Stored data entries
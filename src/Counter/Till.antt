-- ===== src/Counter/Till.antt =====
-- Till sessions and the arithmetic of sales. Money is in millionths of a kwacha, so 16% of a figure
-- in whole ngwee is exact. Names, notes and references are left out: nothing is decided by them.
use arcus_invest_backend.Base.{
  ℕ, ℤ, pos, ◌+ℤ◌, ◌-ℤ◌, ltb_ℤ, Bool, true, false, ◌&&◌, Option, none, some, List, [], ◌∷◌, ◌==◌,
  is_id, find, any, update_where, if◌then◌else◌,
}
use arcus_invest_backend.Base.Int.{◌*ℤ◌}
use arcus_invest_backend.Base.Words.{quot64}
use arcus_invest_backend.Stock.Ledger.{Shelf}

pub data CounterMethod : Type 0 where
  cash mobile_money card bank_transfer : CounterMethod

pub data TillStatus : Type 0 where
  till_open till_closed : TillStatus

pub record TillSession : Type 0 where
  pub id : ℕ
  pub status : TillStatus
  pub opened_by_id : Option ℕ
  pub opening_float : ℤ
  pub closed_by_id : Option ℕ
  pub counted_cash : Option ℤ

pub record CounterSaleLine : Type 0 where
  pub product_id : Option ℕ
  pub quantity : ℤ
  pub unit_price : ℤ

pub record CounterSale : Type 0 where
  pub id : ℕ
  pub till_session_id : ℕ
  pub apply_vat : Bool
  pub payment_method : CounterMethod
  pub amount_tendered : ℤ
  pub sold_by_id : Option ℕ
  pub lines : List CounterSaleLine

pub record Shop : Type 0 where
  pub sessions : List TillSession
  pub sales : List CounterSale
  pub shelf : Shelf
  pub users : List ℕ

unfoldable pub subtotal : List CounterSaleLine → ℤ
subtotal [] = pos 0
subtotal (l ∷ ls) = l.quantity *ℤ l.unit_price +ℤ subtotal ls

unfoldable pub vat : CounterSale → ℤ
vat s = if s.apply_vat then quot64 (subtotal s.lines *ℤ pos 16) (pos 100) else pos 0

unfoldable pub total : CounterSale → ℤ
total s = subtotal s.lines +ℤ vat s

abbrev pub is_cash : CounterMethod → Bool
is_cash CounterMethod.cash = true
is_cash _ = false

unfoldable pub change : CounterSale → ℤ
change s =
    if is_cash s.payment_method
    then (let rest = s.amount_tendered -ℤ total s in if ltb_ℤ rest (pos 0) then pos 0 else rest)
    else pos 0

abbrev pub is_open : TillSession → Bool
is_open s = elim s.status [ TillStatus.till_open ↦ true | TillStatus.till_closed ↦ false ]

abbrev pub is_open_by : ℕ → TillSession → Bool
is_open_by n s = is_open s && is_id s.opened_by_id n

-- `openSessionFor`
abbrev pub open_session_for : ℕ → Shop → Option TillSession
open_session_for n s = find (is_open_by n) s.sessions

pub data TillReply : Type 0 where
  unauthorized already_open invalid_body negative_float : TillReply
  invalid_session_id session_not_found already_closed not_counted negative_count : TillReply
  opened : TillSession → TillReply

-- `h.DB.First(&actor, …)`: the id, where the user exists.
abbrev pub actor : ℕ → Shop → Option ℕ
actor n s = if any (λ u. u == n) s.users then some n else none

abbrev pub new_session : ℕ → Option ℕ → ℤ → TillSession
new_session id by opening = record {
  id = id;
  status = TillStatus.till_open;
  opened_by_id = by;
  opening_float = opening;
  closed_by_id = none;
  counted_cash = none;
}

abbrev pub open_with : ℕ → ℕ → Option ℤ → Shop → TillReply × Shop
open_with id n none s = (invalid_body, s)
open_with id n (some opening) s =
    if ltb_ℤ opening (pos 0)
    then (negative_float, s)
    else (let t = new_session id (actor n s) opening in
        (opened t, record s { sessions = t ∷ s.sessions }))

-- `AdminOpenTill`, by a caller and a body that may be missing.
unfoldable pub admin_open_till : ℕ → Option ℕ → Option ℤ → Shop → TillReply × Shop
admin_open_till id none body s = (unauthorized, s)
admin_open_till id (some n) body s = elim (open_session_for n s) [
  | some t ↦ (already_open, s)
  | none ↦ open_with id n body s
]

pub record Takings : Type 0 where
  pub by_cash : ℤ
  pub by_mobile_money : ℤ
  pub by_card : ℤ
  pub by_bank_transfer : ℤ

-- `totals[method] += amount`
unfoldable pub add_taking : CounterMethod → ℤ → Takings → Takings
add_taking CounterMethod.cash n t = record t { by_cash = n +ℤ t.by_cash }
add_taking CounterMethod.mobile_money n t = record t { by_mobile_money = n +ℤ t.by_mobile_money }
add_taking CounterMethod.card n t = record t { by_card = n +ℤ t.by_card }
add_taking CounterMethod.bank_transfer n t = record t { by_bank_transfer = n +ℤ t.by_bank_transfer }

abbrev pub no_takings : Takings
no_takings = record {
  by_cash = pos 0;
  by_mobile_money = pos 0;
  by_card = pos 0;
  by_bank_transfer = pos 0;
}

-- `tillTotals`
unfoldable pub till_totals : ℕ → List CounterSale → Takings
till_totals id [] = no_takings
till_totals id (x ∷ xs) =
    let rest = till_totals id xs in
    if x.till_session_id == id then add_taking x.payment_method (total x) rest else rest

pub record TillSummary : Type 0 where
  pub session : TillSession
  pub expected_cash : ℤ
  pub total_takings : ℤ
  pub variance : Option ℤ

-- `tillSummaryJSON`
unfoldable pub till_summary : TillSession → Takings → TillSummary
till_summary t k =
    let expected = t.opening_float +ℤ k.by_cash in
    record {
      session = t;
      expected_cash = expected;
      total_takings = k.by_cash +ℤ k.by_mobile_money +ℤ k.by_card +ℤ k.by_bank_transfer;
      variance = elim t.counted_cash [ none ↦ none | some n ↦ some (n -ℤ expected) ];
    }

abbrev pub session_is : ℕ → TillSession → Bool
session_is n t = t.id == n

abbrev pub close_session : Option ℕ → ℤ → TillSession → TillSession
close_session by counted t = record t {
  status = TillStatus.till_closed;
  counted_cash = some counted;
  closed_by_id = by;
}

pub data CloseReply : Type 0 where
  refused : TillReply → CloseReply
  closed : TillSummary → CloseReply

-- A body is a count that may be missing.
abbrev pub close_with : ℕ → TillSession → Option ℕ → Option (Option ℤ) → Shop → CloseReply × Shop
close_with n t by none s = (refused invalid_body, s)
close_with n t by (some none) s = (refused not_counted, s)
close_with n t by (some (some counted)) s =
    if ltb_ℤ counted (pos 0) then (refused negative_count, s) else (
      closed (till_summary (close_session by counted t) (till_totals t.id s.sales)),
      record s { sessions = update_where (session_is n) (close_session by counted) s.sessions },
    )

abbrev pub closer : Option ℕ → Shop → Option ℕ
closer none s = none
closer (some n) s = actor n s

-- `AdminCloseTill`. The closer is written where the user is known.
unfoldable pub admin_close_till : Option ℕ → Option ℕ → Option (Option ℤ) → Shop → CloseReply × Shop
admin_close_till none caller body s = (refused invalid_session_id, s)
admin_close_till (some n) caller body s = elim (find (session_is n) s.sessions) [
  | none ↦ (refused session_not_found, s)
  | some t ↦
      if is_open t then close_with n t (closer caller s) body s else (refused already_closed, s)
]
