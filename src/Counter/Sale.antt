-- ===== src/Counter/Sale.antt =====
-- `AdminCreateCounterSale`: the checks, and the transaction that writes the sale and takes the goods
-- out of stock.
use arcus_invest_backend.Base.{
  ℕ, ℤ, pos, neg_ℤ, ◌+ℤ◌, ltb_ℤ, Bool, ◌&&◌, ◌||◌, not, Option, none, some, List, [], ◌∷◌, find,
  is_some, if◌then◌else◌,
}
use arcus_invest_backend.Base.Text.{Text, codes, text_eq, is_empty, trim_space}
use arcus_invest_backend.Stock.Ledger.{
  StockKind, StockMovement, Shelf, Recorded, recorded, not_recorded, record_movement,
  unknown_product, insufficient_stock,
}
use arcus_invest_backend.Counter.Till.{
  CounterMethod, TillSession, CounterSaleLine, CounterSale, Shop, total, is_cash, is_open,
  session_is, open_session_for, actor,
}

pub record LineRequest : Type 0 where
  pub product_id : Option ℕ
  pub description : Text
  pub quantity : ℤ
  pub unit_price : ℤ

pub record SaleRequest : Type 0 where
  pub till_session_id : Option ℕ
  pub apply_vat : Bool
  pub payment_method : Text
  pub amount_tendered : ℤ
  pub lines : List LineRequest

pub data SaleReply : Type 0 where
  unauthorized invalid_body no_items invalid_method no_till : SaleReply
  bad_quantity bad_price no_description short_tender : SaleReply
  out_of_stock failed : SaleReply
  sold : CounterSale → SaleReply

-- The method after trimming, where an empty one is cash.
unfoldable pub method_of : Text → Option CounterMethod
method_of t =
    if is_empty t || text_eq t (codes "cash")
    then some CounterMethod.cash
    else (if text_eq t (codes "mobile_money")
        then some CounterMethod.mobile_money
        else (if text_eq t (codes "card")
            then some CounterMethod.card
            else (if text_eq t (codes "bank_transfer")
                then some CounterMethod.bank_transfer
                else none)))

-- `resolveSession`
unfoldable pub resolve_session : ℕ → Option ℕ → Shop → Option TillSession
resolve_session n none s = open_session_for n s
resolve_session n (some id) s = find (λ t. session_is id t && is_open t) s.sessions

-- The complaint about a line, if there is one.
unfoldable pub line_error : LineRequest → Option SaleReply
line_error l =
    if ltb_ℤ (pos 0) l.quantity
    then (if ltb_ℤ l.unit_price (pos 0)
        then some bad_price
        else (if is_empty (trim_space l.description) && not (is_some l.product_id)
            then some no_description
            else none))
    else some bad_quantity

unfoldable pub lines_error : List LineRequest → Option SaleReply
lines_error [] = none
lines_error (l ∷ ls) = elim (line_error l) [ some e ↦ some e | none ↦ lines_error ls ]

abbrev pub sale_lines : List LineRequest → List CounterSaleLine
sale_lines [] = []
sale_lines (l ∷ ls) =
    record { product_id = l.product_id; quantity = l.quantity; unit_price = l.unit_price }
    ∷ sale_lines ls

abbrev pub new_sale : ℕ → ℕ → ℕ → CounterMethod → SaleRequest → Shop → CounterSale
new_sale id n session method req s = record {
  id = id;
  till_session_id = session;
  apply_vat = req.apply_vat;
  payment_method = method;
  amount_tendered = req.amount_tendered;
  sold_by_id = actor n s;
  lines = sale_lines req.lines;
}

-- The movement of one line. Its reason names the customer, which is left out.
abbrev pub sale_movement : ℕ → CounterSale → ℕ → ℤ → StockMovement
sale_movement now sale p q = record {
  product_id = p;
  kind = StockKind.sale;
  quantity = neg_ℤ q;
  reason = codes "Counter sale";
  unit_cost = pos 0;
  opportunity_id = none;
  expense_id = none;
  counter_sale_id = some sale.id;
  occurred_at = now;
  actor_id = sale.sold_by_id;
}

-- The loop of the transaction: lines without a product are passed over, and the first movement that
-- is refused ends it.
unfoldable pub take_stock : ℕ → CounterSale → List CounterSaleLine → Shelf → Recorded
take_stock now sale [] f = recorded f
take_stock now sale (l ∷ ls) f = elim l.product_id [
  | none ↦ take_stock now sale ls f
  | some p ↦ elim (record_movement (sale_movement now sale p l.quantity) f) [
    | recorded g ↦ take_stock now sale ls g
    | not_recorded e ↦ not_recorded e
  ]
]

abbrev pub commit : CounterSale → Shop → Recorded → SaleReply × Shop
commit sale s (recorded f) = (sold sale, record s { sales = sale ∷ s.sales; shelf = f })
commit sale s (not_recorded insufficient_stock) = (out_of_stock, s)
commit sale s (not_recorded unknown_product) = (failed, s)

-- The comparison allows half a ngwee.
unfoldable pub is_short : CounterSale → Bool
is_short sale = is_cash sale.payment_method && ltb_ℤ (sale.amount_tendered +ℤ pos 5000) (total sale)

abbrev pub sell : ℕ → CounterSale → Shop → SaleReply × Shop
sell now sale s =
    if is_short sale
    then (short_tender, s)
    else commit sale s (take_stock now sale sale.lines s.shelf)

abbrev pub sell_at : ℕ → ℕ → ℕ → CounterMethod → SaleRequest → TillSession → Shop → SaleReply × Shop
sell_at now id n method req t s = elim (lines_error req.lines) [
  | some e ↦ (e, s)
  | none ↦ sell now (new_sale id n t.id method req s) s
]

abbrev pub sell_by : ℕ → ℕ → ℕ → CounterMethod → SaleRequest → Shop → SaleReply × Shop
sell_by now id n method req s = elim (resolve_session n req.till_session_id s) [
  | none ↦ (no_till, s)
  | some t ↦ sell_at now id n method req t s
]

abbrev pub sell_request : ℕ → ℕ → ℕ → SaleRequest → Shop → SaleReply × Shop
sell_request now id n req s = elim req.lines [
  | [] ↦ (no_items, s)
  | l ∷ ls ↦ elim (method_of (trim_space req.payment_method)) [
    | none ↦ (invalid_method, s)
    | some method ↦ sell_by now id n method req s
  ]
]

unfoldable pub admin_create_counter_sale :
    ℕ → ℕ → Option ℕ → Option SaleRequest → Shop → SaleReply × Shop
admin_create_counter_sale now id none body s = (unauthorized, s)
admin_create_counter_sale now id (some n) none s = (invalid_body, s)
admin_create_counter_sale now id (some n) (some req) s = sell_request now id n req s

▸ Work to be completed:
Every line above from the line with "reason = codes" to the line with "unfoldable pub take_stock", inclusive, must be returned exactly; no other line belongs in the reply.

▸ Result for this exercise:
  reason = codes "Counter sale";
  unit_cost = pos 0;
  opportunity_id = none;
  expense_id = none;
  counter_sale_id = some sale.id;
  occurred_at = now;
  actor_id = sale.sold_by_id;
}

-- The loop of the transaction: lines without a product are passed over, and the first movement that
-- is refused ends it.
unfoldable pub take_stock : ℕ → CounterSale → List CounterSaleLine → Shelf → Recorded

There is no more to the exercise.